*** DATA FOR PROCESSING ***

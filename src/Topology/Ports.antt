-- ===== src/Topology/Ports.antt =====
-- Ports added to a node and removed from it again.
use csit.Base.{
  Bool, ℕ, zero, suc, false, ◌&&◌, Option, none, some, List, [], ◌∷◌, ◌++◌, ◌≡◌, refl, sym, ap,
  subst, ◌∙◌, inl, inr, arith, if◌then◌else◌, Bool-cases,
}
use csit.Base.Int.{pos, show_int}
use csit.Base.Dict.{Dict, lookup, insert, remove, has, keys, lookup-remove}
use csit.Base.Text.{Text, text_eq_iff, starts_with}
use csit.Topology.{
  Interface, no_keys, Node, first_free, add_new_port_below, add_new_port, remove_port, remove_where,
  remove_all_ports, added,
}
use csit.Topology.Query.{elem}

first_free-free :
    (d : Dict Interface) (ptype : Text) (i rounds : ℕ) {iface : Text}
    → first_free d ptype i rounds ≡ some iface
    → has iface d ≡ false
unfolding first_free
first_free-free d ptype i zero h = cc
first_free-free d ptype i (suc rounds) {iface} h =
    elim (Bool-cases (has (ptype ++ show_int (pos i)) d)) [
      | inl e ↦ first_free-free d ptype (suc i) rounds (sym (rw e refl) ∙ h)
      | inr e ↦ ground arith
    ]

remove-missing : (k : Text) (d : Dict Interface) → has k d ≡ false → remove k d ≡ d
unfolding remove lookup
remove-missing k [] h = refl
remove-missing k ((j, v) ∷ d) h = ground (arith, remove-missing k d)

remove-insert :
    (k : Text) (v : Interface) (d : Dict Interface) → has k d ≡ false → remove k (insert k v d) ≡ d
unfolding remove insert lookup
remove-insert k v [] h = ground (arith, text_eq_iff k k)
remove-insert k v ((j, w) ∷ d) h = ground (arith, remove-insert k v d)

remove_port-insert :
    (node : Node) (key : Text)
    → has key node.interfaces ≡ false
    → remove_port (record node { interfaces = insert key no_keys node.interfaces }) key ≡ node
unfolding remove_port
remove_port-insert node key h =
    ap (λ (d : Dict Interface). record node { interfaces = d })
      (remove-insert key no_keys node.interfaces h)

added-remove_port :
    (node : Node) (free : Option Text) {later : Node} {key : Text}
    → added node free ≡ (later, some key)
    → ((iface : Text) → free ≡ some iface → has iface node.interfaces ≡ false)
    → (has key node.interfaces ≡ false) × (remove_port later key ≡ node)
added-remove_port node none h is_free = cc
added-remove_port node (some iface) {later} {key} h is_free =
    let same : iface ≡ key = cc in
    let e : (record node { interfaces = insert iface no_keys node.interfaces }) ≡ later =
      ap (λ p. p.0) h in
    let unused = is_free iface refl in
    (
      subst (λ k. has k node.interfaces ≡ false) same unused,
      subst (λ k. remove_port later k ≡ node) same
          (subst (λ n. remove_port n iface ≡ node) e (remove_port-insert node iface unused)),
    )

-- If `add_new_port` returns a key, the node had no interface under it, and removing that port gives
-- the node back as it was.
pub remove_port-add_new_port :
    (node later : Node) (ptype key : Text)
    → add_new_port node ptype ≡ (later, some key)
    → (has key node.interfaces ≡ false) × (remove_port later key ≡ node)
unfolding add_new_port add_new_port_below
remove_port-add_new_port node later ptype key h =
    added-remove_port node (first_free node.interfaces ptype 1 999999) h
      (λ iface e. first_free-free node.interfaces ptype 1 999999 e)

pub lookup-remove_where :
    (k : Text) (test : Text → Bool) (ks : List Text) (d : Dict Interface)
    → lookup k (remove_where test ks d) ≡ (if test k && elem k ks then none else lookup k d)
unfolding remove_where elem
lookup-remove_where k test [] d = ground arith
lookup-remove_where k test (j ∷ ks) d =
    let same = λ (e : j ≡ k). ap test e in
    ground (
      arith,
      same,
      lookup-remove j k d,
      text_eq_iff k j,
      text_eq_iff j k,
      lookup-remove_where k test ks d,
      lookup-remove_where k test ks (remove j d),
    )

pub lookup-keys : (k : Text) (d : Dict Interface) → elem k (keys d) ≡ false → lookup k d ≡ none
unfolding elem lookup
lookup-keys k [] h = refl
lookup-keys k ((j, v) ∷ d) h = ground (arith, text_eq_iff k j, text_eq_iff j k, lookup-keys k d)

-- After `remove_all_ports` no interface is left whose key starts with the port type, and every other
-- interface is as it was.
pub remove_all_ports-lookup :
    (node : Node) (ptype key : Text)
    → lookup key (remove_all_ports node ptype).interfaces
      ≡ (if starts_with key ptype then none else lookup key node.interfaces)
unfolding remove_all_ports
remove_all_ports-lookup node ptype key =
    lookup-remove_where key (λ if_key. starts_with if_key ptype) (keys node.interfaces)
      node.interfaces
    ∙ ground (arith, lookup-keys key node.interfaces)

***

> _PROBLEM TO WORK ON_
Transcribe every entry exactly as it reads.

> _ANSWER TO THE EXERCISE_
filename src/Topology/Ports.antt
-- ===== src/Topology/Ports.antt =====
-- Ports added to a node and removed from it again.
use csit.Base.{
  Bool, ℕ, zero, suc, false, ◌&&◌, Option, none, some, List, [], ◌∷◌, ◌++◌, ◌≡◌, refl, sym, ap,
  subst, ◌∙◌, inl, inr, arith, if◌then◌else◌, Bool-cases,
}
use csit.Base.Int.{pos, show_int}
use csit.Base.Dict.{Dict, lookup, insert, remove, has, keys, lookup-remove}
use csit.Base.Text.{Text, text_eq_iff, starts_with}
use csit.Topology.{
  Interface, no_keys, Node, first_free, add_new_port_below, add_new_port, remove_port, remove_where,
  remove_all_ports, added,
}
use csit.Topology.Query.{elem}

first_free-free :
    (d : Dict Interface) (ptype : Text) (i rounds : ℕ) {iface : Text}
    → first_free d ptype i rounds ≡ some iface
    → has iface d ≡ false
unfolding first_free
first_free-free d ptype i zero h = cc
first_free-free d ptype i (suc rounds) {iface} h =
    elim (Bool-cases (has (ptype ++ show_int (pos i)) d)) [
      | inl e ↦ first_free-free d ptype (suc i) rounds (sym (rw e refl) ∙ h)
      | inr e ↦ ground arith
    ]

remove-missing : (k : Text) (d : Dict Interface) → has k d ≡ false → remove k d ≡ d
unfolding remove lookup
remove-missing k [] h = refl
remove-missing k ((j, v) ∷ d) h = ground (arith, remove-missing k d)

remove-insert :
    (k : Text) (v : Interface) (d : Dict Interface) → has k d ≡ false → remove k (insert k v d) ≡ d
unfolding remove insert lookup
remove-insert k v [] h = ground (arith, text_eq_iff k k)
remove-insert k v ((j, w) ∷ d) h = ground (arith, remove-insert k v d)

remove_port-insert :
    (node : Node) (key : Text)
    → has key node.interfaces ≡ false
    → remove_port (record node { interfaces = insert key no_keys node.interfaces }) key ≡ node
unfolding remove_port
remove_port-insert node key h =
    ap (λ (d : Dict Interface). record node { interfaces = d })
      (remove-insert key no_keys node.interfaces h)

added-remove_port :
    (node : Node) (free : Option Text) {later : Node} {key : Text}
    → added node free ≡ (later, some key)
    → ((iface : Text) → free ≡ some iface → has iface node.interfaces ≡ false)
    → (has key node.interfaces ≡ false) × (remove_port later key ≡ node)
added-remove_port node none h is_free = cc
added-remove_port node (some iface) {later} {key} h is_free =
    let same : iface ≡ key = cc in
    let e : (record node { interfaces = insert iface no_keys node.interfaces }) ≡ later =
      ap (λ p. p.0) h in
    let unused = is_free iface refl in
    (
      subst (λ k. has k node.interfaces ≡ false) same unused,
      subst (λ k. remove_port later k ≡ node) same
          (subst (λ n. remove_port n iface ≡ node) e (remove_port-insert node iface unused)),
    )

-- If `add_new_port` returns a key, the node had no interface under it, and removing that port gives
-- the node back as it was.
pub remove_port-add_new_port :
    (node later : Node) (ptype key : Text)
    → add_new_port node ptype ≡ (later, some key)
    → (has key node.interfaces ≡ false) × (remove_port later key ≡ node)
unfolding add_new_port add_new_port_below
remove_port-add_new_port node later ptype key h =
    added-remove_port node (first_free node.interfaces ptype 1 999999) h
      (λ iface e. first_free-free node.interfaces ptype 1 999999 e)

pub lookup-remove_where :
    (k : Text) (test : Text → Bool) (ks : List Text) (d : Dict Interface)
    → lookup k (remove_where test ks d) ≡ (if test k && elem k ks then none else lookup k d)
unfolding remove_where elem
lookup-remove_where k test [] d = ground arith
lookup-remove_where k test (j ∷ ks) d =
    let same = λ (e : j ≡ k). ap test e in
    ground (
      arith,
      same,
      lookup-remove j k d,
      text_eq_iff k j,
      text_eq_iff j k,
      lookup-remove_where k test ks d,
      lookup-remove_where k test ks (remove j d),
    )

pub lookup-keys : (k : Text) (d : Dict Interface) → elem k (keys d) ≡ false → lookup k d ≡ none
unfolding elem lookup
lookup-keys k [] h = refl
lookup-keys k ((j, v) ∷ d) h = ground (arith, text_eq_iff k j, text_eq_iff j k, lookup-keys k d)

-- After `remove_all_ports` no interface is left whose key starts with the port type, and every other
-- interface is as it was.
pub remove_all_ports-lookup :
    (node : Node) (ptype key : Text)
    → lookup key (remove_all_ports node ptype).interfaces
      ≡ (if starts_with key ptype then none else lookup key node.interfaces)
unfolding remove_all_ports
remove_all_ports-lookup node ptype key =
    lookup-remove_where key (λ if_key. starts_with if_key ptype) (keys node.interfaces)
      node.interfaces
    ∙ ground (arith, lookup-keys key node.interfaces)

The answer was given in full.